Actually some real cool stuff...wish we could play with it prehospitally.

Jon [/b][/quote]
 I would have loved to comment, but apparently the nitrous has taken over, ...Wheres My M-4,......hahahahhahaahaLOL


----------



## TTLWHKR (Aug 9, 2005)

I had it for my leg, in the ER anyway, didn't do what they thought it would. I was in a lot of pain, so the gave me valium and versed... till they could get it put in the right direction anyway. I guess they thought I could damage them if I got really upset.


----------



## asysin2leads (Aug 9, 2005)

>Docs in the 60+ Hospitals in the NYC setting were adamantly against us doping >up their patients for several reasons...

>it makes them loopy and poor historians.

>The very real possibility of calling EMS for some sort of pain, and us having to >sort out those in pain for real from the junkies.

I'm glad this attitude towards pain management in NYC is starting to (slowly) diminish. Being a trauma victim at one point myself, I have a real kind of soft spot for anyone with musculoskeletal injury. Last year REMAC approved morphine as a medical control option for isolated extremity injury. Granted, the chances of an ALS unit being assigned on an isolated extremity injury is very slim, but, its a start. 
The poor historian part is crap. We give morphine to people in APE, and they're history giving ability is much more important than someone who broke their leg or crashed their car. In addition, any ALS crew doing their job properly would have gotten an adequate history PRIOR to medication administration.
As for the junkie part, I shake my head a little. Sure, the EMS system gets abused day in and day out, but just because something is in a protocol DOESN'T MEAN you have to give it. If I have some skell come wandering up to the bus complaining of "severe pain in the leg", do you think he'd be getting morphine? Nope. 
I realize that with the Republicans in power, getting loopy in any way, shape or form,  is pretty much the worse sin you can commit, but as a medical care provider, I'm gonna stick to my commie feel good ways and say that if I have someone with multiple fractures entrapped in an MVA, I'd like to give them a little something to take the edge off before I move them, because I personally know how much it HURTS.


----------



## Flight-LP (Aug 9, 2005)

asysin2leads- Up to the republican comment   I completely agree with you. If you have it and the patient needs it, give it. We need to base our decision off of a sound assessment and the nature of illness / mechanism of injury. Pain is what the patient says it is. Acute illness and injuries that are indicitive of pain managment require it. It is absolutely cruel to withhold pain medication because of any additional paperwork required or because a medic thinks someone is an addict. Both examples open you wide up for litigation. In my mind there are three things that will ensure a happy patient. Respond promptly, be nice and professional, and take away their pain. I'm not saying to dope up your chronic back pain for 10 years patient, but the ones who have acute issues deserve pain management, plain and simple. Some doc's do not like medicated patients, thats fine, they will get over it. Do what you know is right for your patient and what your medical director dictates, remember, you are here for them, not the ER doc....


----------



## rescuecpt (Aug 10, 2005)

> _Originally posted by asysin2leads_@Aug 9 2005, 04:05 PM
> * As for the junkie part, I shake my head a little. Sure, the EMS system gets abused day in and day out, but just because something is in a protocol DOESN'T MEAN you have to give it.
> 
> If I have some skell come wandering up to the bus complaining of "severe pain in the leg", do you think he'd be getting morphine? Nope.
> ...


LOL, it's not about Republicans.  It's about providers needing to make major decisions that we are not trained to make - who really needs it vs who doesnt, what it will do to the rest of the pt's injuries, etc.  That's why around here (as they should be everywhere and I think they are) narcs are controlled substances only administered with medical control approval.  That's also why I don't give narcs very much - because I don't get orders very often.  They are very selective because in the long run, that is what is best for the most patients.

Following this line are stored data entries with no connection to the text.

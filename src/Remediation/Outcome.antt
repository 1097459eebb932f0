-- ===== src/Remediation/Outcome.antt =====
-- src/remediation/outcome.rs: what remediation did for a result. Amounts of money, `f64` dollars in
-- the source, are counted in millionths of a dollar.
use automated_flywheel_setup.Base.{ℕ, String, Bool, true, false, Option, List}

abbrev pub Usd : Type 0
Usd = ℕ

pub record RiskNote : Type 0 where
  pub command : String
  pub risk : String
  pub reason : String

pub data RemediationOutcome : Type 0 where
  not_attempted : RemediationOutcome
  skipped : (reason : String) → RemediationOutcome
  advised :
      (suggestion : String) (cost_usd : Usd) (risks : List RiskNote) (source : String)
      → RemediationOutcome
  verified :
      (installer old_sha256 new_sha256 candidate_path : String) (drift_score : Option String)
      → RemediationOutcome
  proposed : (branch : String) (commit pr_url : Option String) (cost_usd : Usd) → RemediationOutcome
  applied : (branch sha : String) (pr_url : Option String) (cost_usd : Usd) → RemediationOutcome
  failed : (reason : String) (cost_usd : Usd) → RemediationOutcome

unfoldable pub kind : RemediationOutcome → String
kind not_attempted = "not_attempted"
kind (skipped _) = "skipped"
kind (advised _ _ _ _) = "advised"
kind (verified _ _ _ _ _) = "verified"
kind (proposed _ _ _ _) = "proposed"
kind (applied _ _ _ _) = "applied"
kind (failed _ _) = "failed"

unfoldable pub cost_usd : RemediationOutcome → Usd
cost_usd (advised _ cost _ _) = cost
cost_usd (proposed _ _ _ cost) = cost
cost_usd (applied _ _ _ cost) = cost
cost_usd (failed _ cost) = cost
cost_usd _ = 0

-- "Counts toward `remediations_total`."
unfoldable pub attempted : RemediationOutcome → Bool
attempted not_attempted = false
attempted (skipped _) = false
attempted _ = true

unfoldable pub succeeded : RemediationOutcome → Bool
succeeded (verified _ _ _ _ _) = true
succeeded (applied _ _ _ _) = true
succeeded _ = false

I ride in two departments.  One has pain control meds (narcs & nitrous) and one does not.  Why don't we have it at the 2nd place?  Because it is too hard for us to secure it and train our personnel on security procedures.  It brings too much risk to the department and the squad.

Lots of skells don't look like skells.  Sometimes it's REALLY hard to tell which soccer mom is really a junkie, no matter how long you've been on the streets.


----------



## asysin2leads (Aug 10, 2005)

> _Originally posted by rescuecpt+Aug 10 2005, 08:46 AM--></div><table border='0' align='center' width='95%' cellpadding='3' cellspacing='1'><tr><td>*QUOTE* (rescuecpt @ Aug 10 2005, 08:46 AM)</td></tr><tr><td id='QUOTE'> <!--QuoteBegin-asysin2leads_@Aug 9 2005, 04:05 PM
> * As for the junkie part, I shake my head a little. Sure, the EMS system gets abused day in and day out, but just because something is in a protocol DOESN'T MEAN you have to give it.
> 
> If I have some skell come wandering up to the bus complaining of "severe pain in the leg", do you think he'd be getting morphine? Nope.
> ...


LOL, it's not about Republicans.  It's about providers needing to make major decisions that we are not trained to make - who really needs it vs who doesnt, what it will do to the rest of the pt's injuries, etc.  That's why around here (as they should be everywhere and I think they are) narcs are controlled substances only administered with medical control approval.  That's also why I don't give narcs very much - because I don't get orders very often.  They are very selective because in the long run, that is what is best for the most patients.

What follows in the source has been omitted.